PROBLEM STATEMENT> For each line in the records that contains "Views", make a copy.

Dataset entries>
****************************************
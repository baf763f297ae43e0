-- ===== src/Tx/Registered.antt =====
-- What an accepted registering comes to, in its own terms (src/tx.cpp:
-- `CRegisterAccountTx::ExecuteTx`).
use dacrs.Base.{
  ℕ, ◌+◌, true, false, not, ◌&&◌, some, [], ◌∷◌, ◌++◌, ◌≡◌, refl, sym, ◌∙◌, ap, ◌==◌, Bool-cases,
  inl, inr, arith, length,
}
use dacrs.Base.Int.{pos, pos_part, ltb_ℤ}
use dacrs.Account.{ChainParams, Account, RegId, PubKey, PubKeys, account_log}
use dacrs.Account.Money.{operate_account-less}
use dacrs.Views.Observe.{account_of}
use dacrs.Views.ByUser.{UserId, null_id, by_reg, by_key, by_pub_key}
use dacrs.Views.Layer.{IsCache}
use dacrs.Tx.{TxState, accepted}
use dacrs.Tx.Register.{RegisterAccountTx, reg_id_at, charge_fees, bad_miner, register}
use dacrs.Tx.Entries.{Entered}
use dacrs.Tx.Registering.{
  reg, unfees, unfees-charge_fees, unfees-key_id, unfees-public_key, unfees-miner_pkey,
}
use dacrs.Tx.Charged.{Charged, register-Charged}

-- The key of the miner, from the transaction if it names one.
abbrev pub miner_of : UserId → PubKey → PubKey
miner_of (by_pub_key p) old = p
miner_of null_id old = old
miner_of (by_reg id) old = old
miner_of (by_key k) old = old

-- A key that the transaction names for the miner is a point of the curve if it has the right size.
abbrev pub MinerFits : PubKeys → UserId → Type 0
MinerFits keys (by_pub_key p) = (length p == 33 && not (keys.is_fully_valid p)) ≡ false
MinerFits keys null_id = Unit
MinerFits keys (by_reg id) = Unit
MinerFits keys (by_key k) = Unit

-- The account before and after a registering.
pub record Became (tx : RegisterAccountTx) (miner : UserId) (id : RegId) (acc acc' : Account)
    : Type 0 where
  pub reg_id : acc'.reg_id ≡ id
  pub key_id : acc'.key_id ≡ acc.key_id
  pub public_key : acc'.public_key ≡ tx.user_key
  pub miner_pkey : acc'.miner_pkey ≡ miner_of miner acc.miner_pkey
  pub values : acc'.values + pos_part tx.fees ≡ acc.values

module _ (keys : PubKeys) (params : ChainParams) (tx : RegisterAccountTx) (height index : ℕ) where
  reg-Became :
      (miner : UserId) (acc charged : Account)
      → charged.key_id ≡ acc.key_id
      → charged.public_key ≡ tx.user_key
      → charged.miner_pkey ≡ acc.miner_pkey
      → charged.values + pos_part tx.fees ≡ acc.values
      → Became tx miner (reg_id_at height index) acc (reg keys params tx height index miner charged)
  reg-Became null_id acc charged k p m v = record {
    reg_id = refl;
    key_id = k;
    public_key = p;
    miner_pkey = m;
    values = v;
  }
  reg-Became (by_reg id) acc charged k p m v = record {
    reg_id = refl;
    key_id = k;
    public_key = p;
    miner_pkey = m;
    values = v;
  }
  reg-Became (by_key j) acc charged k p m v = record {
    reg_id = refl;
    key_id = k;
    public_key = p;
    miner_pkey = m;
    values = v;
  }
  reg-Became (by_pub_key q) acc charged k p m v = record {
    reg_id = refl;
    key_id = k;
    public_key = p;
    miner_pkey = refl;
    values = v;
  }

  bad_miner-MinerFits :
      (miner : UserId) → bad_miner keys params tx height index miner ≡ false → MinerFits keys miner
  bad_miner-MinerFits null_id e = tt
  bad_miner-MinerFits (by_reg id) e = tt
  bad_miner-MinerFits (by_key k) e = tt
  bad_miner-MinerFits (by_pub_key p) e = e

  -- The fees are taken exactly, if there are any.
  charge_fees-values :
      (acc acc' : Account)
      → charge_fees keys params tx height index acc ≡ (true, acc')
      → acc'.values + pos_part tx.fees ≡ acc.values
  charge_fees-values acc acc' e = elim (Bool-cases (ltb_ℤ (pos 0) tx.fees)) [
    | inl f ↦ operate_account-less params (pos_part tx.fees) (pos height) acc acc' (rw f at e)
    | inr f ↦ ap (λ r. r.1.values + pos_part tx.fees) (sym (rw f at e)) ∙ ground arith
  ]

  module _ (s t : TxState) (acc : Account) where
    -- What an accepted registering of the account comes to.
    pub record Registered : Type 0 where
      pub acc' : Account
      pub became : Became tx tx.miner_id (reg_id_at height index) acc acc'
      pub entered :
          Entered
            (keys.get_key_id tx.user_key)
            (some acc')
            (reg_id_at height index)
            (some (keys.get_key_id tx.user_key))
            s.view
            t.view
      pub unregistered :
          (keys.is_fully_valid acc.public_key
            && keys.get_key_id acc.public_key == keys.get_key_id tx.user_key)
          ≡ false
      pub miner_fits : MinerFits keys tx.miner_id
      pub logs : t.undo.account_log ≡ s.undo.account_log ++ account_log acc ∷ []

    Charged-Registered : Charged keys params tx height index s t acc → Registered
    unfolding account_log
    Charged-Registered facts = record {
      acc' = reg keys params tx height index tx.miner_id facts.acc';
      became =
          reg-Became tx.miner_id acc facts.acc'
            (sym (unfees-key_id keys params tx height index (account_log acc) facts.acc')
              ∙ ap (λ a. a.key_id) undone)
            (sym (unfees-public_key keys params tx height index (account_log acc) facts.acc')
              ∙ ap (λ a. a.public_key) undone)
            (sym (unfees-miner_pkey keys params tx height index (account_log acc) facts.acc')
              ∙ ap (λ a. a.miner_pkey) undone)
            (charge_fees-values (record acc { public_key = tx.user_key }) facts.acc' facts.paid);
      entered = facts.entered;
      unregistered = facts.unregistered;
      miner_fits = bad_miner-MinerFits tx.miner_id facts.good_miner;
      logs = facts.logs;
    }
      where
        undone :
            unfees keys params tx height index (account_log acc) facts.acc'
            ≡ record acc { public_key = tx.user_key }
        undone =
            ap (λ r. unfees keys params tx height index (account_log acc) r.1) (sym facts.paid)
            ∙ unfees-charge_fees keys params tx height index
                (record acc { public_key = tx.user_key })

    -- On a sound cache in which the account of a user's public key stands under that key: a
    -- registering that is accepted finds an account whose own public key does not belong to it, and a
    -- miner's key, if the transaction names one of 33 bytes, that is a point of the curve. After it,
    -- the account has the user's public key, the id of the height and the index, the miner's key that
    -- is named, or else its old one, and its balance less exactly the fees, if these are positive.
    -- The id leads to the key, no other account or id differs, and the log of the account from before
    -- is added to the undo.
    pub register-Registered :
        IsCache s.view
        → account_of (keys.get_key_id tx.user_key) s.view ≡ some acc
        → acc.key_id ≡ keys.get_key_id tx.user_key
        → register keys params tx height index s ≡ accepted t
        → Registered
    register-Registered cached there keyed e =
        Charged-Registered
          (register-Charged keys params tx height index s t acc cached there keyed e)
****************************************
WRITTEN RESPONSE>
use dacrs.Views.Observe.{account_of}
use dacrs.Views.ByUser.{UserId, null_id, by_reg, by_key, by_pub_key}
use dacrs.Views.Layer.{IsCache}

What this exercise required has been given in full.